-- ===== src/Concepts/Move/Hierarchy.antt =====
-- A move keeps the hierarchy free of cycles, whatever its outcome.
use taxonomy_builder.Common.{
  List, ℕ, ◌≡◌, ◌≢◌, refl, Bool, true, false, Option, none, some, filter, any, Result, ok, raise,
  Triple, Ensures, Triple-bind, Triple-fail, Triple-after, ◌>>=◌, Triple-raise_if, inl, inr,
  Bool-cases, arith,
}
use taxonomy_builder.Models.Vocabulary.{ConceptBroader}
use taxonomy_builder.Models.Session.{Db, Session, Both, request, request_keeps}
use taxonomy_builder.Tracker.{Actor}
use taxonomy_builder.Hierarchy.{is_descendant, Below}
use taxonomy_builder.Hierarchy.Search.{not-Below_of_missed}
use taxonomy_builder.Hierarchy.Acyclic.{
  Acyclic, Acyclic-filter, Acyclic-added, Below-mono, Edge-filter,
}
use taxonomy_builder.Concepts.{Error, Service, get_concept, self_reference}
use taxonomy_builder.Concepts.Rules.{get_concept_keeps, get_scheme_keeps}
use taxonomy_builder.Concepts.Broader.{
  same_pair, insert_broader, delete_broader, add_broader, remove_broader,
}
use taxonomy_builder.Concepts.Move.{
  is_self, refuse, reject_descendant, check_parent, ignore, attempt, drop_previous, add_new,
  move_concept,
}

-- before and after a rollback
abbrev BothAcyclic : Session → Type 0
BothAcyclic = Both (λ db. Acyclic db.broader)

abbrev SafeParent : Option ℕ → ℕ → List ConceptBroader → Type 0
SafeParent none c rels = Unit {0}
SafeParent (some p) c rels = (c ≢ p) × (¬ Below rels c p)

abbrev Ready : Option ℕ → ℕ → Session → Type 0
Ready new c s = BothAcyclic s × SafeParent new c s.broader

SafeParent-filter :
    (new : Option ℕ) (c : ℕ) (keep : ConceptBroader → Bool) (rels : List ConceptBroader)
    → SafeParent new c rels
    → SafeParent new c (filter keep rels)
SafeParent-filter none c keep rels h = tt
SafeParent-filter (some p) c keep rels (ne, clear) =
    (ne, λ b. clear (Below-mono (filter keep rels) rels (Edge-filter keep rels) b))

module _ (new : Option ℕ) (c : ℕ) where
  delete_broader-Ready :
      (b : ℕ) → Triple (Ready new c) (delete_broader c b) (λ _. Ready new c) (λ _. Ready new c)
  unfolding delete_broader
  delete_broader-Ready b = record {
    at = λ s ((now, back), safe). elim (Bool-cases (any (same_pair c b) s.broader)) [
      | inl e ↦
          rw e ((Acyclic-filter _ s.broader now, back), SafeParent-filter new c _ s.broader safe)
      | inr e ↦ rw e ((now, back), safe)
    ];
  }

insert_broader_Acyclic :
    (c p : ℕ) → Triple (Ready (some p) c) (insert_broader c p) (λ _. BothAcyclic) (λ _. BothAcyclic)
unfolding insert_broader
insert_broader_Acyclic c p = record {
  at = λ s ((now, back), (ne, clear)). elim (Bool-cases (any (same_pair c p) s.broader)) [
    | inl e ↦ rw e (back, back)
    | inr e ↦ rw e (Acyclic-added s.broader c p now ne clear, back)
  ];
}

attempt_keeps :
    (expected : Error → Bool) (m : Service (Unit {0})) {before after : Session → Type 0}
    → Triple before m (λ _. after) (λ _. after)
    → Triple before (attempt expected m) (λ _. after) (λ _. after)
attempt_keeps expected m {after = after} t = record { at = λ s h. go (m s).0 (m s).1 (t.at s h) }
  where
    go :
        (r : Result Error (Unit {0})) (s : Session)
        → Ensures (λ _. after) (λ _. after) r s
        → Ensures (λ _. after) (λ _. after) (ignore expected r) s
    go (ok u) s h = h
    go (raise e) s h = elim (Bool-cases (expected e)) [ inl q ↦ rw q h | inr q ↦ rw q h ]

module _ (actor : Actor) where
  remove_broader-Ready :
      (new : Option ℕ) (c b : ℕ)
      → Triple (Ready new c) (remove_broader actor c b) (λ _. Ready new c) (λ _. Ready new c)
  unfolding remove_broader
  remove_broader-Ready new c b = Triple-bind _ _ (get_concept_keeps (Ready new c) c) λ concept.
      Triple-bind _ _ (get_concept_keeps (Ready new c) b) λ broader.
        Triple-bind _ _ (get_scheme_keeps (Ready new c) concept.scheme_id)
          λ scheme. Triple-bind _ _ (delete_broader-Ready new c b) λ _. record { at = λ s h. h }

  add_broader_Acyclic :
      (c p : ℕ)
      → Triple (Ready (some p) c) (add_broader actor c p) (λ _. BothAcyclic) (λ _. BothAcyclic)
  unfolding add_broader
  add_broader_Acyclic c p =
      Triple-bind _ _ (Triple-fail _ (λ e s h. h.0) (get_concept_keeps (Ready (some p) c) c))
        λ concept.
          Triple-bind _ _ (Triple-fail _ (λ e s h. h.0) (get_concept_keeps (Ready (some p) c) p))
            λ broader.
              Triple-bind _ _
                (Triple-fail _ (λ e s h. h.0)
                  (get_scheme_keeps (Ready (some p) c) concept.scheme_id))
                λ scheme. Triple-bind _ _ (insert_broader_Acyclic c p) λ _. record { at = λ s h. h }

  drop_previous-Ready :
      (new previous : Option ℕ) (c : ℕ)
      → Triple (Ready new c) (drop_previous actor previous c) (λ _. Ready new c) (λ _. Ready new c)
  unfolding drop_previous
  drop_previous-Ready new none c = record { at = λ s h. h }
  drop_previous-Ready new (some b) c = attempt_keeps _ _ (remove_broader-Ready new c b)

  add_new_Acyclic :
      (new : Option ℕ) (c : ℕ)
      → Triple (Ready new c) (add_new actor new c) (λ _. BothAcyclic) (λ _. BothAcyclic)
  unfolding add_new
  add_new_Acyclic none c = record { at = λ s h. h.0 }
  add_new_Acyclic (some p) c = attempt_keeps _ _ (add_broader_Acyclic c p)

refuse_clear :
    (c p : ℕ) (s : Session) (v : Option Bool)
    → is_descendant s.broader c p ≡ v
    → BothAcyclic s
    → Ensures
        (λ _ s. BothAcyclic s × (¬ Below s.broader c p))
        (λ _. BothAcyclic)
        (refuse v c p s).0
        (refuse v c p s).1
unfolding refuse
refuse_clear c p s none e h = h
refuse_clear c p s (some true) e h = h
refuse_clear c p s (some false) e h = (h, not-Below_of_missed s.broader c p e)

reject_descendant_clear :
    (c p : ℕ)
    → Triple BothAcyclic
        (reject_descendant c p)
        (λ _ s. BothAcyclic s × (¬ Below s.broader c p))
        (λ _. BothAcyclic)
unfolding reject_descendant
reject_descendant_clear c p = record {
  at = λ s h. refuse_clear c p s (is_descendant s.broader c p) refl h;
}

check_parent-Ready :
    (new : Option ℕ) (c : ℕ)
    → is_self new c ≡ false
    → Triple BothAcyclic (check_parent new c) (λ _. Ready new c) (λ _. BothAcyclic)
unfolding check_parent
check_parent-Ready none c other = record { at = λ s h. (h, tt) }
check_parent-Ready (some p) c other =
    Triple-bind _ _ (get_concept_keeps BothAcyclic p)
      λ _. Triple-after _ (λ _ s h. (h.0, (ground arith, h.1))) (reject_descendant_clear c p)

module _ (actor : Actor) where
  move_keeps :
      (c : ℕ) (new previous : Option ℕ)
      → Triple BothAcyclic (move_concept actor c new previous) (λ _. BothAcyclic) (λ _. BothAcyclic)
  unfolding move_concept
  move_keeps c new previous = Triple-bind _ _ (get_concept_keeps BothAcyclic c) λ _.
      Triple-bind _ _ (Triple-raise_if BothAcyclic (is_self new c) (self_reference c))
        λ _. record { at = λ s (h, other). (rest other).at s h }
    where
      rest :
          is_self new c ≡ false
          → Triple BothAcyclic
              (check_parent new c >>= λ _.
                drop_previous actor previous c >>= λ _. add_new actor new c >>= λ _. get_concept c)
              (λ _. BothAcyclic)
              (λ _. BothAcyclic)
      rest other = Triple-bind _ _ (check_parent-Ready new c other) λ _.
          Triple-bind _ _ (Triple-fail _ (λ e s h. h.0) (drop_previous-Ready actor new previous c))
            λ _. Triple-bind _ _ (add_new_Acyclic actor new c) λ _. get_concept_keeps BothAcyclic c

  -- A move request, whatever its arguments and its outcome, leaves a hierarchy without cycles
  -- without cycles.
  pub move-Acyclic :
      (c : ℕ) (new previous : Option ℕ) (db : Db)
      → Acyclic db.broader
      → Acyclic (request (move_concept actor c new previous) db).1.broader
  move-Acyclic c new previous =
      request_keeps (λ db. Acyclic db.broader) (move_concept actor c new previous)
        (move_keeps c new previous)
◆ ◆ ◆ ◆ ◆
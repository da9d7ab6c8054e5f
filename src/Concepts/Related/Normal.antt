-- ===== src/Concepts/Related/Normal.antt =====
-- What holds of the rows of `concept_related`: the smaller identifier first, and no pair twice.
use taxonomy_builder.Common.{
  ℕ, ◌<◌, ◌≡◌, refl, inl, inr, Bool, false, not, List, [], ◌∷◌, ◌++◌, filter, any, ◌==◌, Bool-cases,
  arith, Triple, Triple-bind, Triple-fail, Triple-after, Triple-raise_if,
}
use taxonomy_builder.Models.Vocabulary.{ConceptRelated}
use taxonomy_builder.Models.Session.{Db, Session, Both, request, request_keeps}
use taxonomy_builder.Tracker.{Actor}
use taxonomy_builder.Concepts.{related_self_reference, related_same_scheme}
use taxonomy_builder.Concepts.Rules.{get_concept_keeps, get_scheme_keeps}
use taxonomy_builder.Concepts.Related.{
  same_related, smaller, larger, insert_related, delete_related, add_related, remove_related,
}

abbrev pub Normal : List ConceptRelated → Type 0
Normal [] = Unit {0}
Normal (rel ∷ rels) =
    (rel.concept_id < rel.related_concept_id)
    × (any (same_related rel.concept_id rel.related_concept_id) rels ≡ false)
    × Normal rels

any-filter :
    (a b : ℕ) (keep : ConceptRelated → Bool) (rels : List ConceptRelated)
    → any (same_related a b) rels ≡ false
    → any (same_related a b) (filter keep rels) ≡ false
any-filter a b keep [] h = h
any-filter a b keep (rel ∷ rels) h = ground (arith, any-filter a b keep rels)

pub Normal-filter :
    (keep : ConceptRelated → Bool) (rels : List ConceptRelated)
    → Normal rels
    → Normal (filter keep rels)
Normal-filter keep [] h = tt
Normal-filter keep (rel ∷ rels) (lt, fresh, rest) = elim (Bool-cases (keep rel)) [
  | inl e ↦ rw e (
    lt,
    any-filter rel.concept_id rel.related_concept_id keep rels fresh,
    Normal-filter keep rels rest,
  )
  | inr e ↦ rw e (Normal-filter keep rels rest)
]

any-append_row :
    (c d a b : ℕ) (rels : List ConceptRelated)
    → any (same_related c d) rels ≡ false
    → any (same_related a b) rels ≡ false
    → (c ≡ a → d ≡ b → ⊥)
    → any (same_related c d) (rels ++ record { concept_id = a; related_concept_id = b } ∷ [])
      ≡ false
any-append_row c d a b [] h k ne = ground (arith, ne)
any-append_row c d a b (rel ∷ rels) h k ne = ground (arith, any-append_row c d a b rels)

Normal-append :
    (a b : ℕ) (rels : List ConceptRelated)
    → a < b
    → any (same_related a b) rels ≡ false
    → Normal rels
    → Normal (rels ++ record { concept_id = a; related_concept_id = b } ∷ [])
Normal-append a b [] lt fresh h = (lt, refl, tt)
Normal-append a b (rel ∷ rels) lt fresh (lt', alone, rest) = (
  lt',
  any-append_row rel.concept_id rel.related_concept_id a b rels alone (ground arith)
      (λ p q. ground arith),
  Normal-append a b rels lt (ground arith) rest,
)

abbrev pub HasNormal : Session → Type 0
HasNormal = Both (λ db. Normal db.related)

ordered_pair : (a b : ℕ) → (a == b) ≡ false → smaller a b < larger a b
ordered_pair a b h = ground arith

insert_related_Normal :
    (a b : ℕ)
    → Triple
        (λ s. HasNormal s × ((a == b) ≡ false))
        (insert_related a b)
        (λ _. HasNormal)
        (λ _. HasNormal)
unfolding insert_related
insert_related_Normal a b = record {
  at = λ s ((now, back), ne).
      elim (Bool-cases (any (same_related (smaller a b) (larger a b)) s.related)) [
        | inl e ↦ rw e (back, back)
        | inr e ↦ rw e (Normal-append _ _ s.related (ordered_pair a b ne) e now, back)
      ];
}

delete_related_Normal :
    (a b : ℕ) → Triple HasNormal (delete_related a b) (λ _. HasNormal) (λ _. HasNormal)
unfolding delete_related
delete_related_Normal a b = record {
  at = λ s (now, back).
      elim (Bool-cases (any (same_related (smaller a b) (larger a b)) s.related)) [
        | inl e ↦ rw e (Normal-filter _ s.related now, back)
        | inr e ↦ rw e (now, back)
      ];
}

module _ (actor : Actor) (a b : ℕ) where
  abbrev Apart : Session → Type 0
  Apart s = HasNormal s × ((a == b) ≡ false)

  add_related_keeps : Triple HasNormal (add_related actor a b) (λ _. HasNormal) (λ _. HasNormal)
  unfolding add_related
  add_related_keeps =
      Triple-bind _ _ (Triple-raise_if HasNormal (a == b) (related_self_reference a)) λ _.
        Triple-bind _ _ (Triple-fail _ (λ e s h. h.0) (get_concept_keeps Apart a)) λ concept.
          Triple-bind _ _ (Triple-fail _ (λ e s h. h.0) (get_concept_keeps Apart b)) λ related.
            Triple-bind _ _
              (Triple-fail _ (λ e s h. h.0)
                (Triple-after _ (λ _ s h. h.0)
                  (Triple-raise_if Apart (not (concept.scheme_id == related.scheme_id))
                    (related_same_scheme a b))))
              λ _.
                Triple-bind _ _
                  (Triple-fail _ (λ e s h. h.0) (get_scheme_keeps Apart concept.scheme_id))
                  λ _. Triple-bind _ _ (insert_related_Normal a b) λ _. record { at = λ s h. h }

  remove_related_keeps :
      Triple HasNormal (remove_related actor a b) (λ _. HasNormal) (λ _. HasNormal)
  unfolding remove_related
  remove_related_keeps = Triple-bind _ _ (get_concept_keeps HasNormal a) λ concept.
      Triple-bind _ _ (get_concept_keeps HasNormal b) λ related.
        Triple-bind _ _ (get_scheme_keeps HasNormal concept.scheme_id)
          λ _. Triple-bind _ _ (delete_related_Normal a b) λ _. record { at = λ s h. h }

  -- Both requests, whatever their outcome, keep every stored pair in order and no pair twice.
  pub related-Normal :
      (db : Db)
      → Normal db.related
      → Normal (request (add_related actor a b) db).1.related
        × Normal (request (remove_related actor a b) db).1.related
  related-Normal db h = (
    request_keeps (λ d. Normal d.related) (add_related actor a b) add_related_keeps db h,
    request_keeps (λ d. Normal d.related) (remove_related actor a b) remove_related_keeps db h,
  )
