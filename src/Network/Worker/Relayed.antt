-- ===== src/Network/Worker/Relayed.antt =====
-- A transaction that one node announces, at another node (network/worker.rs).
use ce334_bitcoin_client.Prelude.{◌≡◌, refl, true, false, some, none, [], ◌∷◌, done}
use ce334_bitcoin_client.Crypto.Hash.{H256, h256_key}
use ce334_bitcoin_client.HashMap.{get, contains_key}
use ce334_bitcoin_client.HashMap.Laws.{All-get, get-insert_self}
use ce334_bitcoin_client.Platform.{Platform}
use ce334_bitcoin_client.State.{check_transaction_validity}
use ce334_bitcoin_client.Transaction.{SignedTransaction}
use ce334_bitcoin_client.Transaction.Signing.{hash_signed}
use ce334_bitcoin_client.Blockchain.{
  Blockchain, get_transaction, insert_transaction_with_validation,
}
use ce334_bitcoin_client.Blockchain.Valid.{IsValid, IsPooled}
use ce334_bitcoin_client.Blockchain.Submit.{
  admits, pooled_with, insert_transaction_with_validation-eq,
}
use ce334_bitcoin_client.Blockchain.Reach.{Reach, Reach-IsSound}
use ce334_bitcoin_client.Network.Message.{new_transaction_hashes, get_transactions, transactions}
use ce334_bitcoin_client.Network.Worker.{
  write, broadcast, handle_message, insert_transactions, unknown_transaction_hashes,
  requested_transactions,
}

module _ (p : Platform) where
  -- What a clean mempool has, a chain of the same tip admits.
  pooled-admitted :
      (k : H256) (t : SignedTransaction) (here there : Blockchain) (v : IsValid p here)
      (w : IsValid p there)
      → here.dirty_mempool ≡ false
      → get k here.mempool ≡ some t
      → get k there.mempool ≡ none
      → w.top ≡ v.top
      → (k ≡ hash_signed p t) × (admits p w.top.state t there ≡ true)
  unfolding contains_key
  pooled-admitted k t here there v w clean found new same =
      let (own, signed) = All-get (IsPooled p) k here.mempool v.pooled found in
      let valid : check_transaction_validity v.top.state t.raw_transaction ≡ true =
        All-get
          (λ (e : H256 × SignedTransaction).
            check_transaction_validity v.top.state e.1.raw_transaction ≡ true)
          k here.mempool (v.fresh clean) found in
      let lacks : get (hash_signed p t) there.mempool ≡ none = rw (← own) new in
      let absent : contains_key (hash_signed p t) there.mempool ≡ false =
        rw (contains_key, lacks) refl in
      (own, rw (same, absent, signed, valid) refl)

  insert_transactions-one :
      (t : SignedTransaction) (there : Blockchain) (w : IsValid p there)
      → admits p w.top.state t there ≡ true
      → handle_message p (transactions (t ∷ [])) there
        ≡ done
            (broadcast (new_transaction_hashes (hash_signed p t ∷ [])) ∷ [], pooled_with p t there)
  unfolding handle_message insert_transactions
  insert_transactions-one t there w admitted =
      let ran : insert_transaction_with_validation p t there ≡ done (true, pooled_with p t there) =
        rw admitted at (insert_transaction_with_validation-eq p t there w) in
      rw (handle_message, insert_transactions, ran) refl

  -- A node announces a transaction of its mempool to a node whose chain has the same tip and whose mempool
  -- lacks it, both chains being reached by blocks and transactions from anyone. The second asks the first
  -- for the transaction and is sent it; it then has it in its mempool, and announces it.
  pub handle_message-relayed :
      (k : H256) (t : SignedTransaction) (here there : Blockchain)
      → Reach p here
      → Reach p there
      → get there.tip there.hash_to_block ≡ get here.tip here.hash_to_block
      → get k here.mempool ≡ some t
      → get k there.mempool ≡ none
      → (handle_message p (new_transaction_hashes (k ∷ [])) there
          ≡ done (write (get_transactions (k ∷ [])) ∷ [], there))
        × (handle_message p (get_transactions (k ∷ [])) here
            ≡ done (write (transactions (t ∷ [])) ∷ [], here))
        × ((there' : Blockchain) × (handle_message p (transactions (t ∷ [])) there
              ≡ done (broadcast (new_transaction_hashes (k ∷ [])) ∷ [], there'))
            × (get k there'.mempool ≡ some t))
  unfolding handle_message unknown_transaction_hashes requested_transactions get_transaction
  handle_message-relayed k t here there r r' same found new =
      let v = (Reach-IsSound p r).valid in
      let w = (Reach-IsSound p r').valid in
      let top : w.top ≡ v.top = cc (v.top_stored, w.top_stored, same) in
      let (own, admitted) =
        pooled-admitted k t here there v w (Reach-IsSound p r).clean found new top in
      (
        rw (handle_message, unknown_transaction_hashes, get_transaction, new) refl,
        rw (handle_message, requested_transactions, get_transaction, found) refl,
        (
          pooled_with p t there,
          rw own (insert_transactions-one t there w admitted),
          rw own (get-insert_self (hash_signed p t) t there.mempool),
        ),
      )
◆ ◆ ◆ ◆ ◆
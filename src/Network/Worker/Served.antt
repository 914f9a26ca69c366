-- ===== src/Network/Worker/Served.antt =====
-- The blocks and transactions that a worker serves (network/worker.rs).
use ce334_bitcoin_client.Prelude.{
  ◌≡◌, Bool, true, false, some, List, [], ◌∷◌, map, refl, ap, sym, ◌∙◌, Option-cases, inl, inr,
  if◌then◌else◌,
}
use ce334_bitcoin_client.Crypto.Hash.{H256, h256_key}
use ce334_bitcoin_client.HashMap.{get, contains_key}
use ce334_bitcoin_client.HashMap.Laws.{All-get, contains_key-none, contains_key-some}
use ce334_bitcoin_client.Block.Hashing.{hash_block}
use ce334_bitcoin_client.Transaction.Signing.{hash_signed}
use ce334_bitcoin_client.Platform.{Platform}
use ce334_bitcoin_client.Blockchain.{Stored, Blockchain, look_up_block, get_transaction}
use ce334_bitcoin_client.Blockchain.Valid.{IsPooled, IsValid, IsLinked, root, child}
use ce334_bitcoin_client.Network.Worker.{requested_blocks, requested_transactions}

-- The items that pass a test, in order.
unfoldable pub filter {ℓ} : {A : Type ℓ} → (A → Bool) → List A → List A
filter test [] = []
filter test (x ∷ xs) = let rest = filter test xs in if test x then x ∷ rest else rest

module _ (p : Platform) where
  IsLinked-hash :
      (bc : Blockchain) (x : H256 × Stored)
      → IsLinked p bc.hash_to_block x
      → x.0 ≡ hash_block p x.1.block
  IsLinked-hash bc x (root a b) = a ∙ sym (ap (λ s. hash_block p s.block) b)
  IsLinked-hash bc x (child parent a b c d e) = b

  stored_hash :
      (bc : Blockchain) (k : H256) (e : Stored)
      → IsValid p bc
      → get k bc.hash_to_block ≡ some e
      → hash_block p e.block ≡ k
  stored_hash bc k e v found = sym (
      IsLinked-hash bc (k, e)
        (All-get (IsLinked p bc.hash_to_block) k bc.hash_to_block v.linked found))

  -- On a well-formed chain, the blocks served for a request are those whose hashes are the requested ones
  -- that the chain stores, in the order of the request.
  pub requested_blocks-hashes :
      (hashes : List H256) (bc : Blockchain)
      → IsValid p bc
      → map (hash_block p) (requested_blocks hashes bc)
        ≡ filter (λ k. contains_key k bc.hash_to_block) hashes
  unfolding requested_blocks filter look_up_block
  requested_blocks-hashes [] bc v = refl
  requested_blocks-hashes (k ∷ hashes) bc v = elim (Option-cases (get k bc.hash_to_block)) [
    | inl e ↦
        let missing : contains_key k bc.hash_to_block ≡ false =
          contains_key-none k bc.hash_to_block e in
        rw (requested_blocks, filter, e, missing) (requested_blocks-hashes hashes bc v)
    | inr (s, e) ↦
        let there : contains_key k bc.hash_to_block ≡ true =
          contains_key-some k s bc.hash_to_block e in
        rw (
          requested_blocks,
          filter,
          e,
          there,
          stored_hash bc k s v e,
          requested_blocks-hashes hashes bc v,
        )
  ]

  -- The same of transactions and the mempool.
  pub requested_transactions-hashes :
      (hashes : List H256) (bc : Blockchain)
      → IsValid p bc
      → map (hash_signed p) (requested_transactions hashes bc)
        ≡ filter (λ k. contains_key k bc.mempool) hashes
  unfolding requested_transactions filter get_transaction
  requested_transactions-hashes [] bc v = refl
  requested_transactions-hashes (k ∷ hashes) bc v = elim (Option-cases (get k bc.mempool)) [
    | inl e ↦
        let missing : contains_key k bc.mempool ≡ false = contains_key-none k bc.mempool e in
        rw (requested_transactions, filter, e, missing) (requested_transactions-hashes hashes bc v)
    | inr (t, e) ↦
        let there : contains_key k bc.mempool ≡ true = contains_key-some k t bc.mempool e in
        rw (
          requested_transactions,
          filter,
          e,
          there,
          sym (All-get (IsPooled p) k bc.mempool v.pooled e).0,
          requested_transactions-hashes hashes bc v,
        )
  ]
◆ ◆ ◆ ◆ ◆
__THE PROBLEM__. Reproduce every line from the entries that holds the word "Service".

__ANSWER BOX__.
use taxonomy_builder.Concepts.{Error, Service, get_concept, self_reference}
    (expected : Error → Bool) (m : Service (Unit {0})) {before after : Session → Type 0}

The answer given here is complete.